***** AVAILABLE DATA *****
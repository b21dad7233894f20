-- ===== src/WorkDag/Definition.antt =====
-- CORE/runtime/work_dag.py: `normalize_definition`. A definition is its list of nodes; its dictionary
-- is written with sorted keys, as canonical JSON and the state file have them.
use super_memory_brain.Base.{
  ℕ, String, Bool, true, false, not, ◌&&◌, Option, none, some, List, [], ◌∷◌, leb, eqb, length,
  member, ◌==◌, if◌then◌else◌,
}
use super_memory_brain.Json.{
  Value, null, bool, int, negative, float, text, arr, obj, Items, end, item, Fields, none_left,
  field, get_or_null, count, is_false, is_text, has_exactly,
}
use super_memory_brain.WorkDag.Graph.{Graph, dependencies, keys, detect_cycle}
use super_memory_brain.WorkDag.Contract.{
  max_dependencies, node_id_re, Runtime, Parsed, refused, parsed, ◌>>=◌, ◌>>◌, demand, demand_some,
  compacted, definition_fields_invalid, definition_invalid, definition_coverage_invalid,
  definition_cycle_or_coverage_invalid, PlanItem, ContractView, contract_view, Node,
}

abbrev pub definition_schema : String
definition_schema = "super-brain.work-dag-definition.v1"

abbrev pub text_items : List String → Items
text_items [] = end
text_items (s ∷ names) = item (text s) (text_items names)

abbrev pub node_value : Node → Value
node_value n =
    obj (
      field "dependsOn" (arr (text_items n.depends_on)) (field "nodeId" (text n.node_id) none_left))

abbrev pub node_items : List Node → Items
node_items [] = end
node_items (n ∷ nodes) = item (node_value n) (node_items nodes)

-- The dictionary of a definition.
unfoldable pub definition_value : List Node → Value
definition_value nodes = obj (
    field "nodes" (arr (node_items nodes)) (
      field "rawPromptStored" (bool false) (
        field "rawTranscriptStored" (bool false)
          (field "schema" (text definition_schema) none_left))))

abbrev pub ids_of : List PlanItem → List String
ids_of [] = []
ids_of (a ∷ items) = a.node_id ∷ ids_of items

-- `depends_on` as a list of at most twelve items
abbrev pub dependency_items : Value → Option Items
dependency_items (arr items) = if leb (count items) max_dependencies then some items else none
dependency_items null = none
dependency_items (bool b) = none
dependency_items (int n) = none
dependency_items (negative n) = none
dependency_items float = none
dependency_items (text s) = none
dependency_items (obj fs) = none

-- The loop over `depends_on`, after the dependencies `seen`.
unfoldable pub node_dependencies : List String → String → List String → Items → Parsed (List String)
unfolding compacted
node_dependencies allowed id seen end = parsed []
node_dependencies allowed id seen (item v items) = do
  dependency ← demand_some (compacted 160 v) definition_invalid
  demand (member dependency allowed && not (dependency == id) && not (member dependency seen))
      definition_invalid
  rest ← node_dependencies allowed id (dependency ∷ seen) items
  parsed (dependency ∷ rest)

-- The loop over `raw_nodes`, after the nodes `seen`.
unfoldable pub definition_node : List String → List String → Fields → Parsed (String × List String)
unfolding node_dependencies compacted node_id_re has_exactly get_or_null
definition_node allowed seen fields = do
  demand (has_exactly ("nodeId" ∷ "dependsOn" ∷ []) fields) definition_fields_invalid
  id ← demand_some (compacted 160 (get_or_null "nodeId" fields)) definition_coverage_invalid
  demand (node_id_re id && member id allowed && not (member id seen)) definition_coverage_invalid
  items ← demand_some (dependency_items (get_or_null "dependsOn" fields)) definition_invalid
  dependencies_ ← node_dependencies allowed id [] items
  parsed (id, dependencies_)

unfoldable pub definition_graph : List String → List String → Items → Parsed Graph
unfolding definition_node
definition_graph allowed seen end = parsed []
definition_graph allowed seen (item (obj fields) items) = do
  first ← definition_node allowed seen fields
  rest ← definition_graph allowed (first.0 ∷ seen) items
  parsed (first ∷ rest)
definition_graph allowed seen (item v items) = refused definition_fields_invalid

-- `set(names) <= set(others)`
unfoldable pub all_members : List String → List String → Bool
all_members [] others = true
all_members (name ∷ names) others = member name others && all_members names others

-- `raw_nodes` as a list with one entry for each item
abbrev pub covering_items : ℕ → Value → Option Items
covering_items n (arr items) =
    if eqb (count items) n && not (eqb (count items) 0) then some items else none
covering_items n null = none
covering_items n (bool b) = none
covering_items n (int m) = none
covering_items n (negative m) = none
covering_items n float = none
covering_items n (text s) = none
covering_items n (obj fs) = none

-- `[{"nodeId": ..., "dependsOn": dependencies_by_id[...]} for item in items]`
unfoldable pub nodes_in_order : Graph → List PlanItem → List Node
unfolding dependencies
nodes_in_order g [] = []
nodes_in_order g (a ∷ items) =
    record { node_id = a.node_id; depends_on = dependencies g a.node_id } ∷ nodes_in_order g items

-- What follows the reading of the contract.
unfoldable pub normalize_for : ContractView → Value → Parsed (List Node)
unfolding definition_graph all_members nodes_in_order detect_cycle has_exactly get_or_null
normalize_for view (obj fields) =
    let allowed = ids_of view.plan in
    do
      demand
          (has_exactly ("schema" ∷ "nodes" ∷ "rawPromptStored" ∷ "rawTranscriptStored" ∷ []) fields)
          definition_fields_invalid
      demand
          (is_text definition_schema (get_or_null "schema" fields)
            && is_false (get_or_null "rawPromptStored" fields)
            && is_false (get_or_null "rawTranscriptStored" fields))
          definition_invalid
      items ←
          demand_some (covering_items (length allowed) (get_or_null "nodes" fields))
            definition_coverage_invalid
      graph ← definition_graph allowed [] items
      demand
          (all_members (keys graph) allowed
            && all_members allowed (keys graph)
            && not (detect_cycle graph))
          definition_cycle_or_coverage_invalid
      parsed (nodes_in_order graph view.plan)
normalize_for view _ = refused definition_fields_invalid

-- `normalize_definition`
unfoldable pub normalize_definition : Runtime → Value → Value → Parsed (List Node)
unfolding normalize_for contract_view
normalize_definition r value contract = do view ← contract_view r contract; normalize_for view value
*****
All lines in the records with the string "true" should be copied out.

ANSWER BOX:
  ℕ, String, Bool, true, false, not, ◌&&◌, Option, none, some, List, [], ◌∷◌, leb, eqb, length,
all_members [] others = true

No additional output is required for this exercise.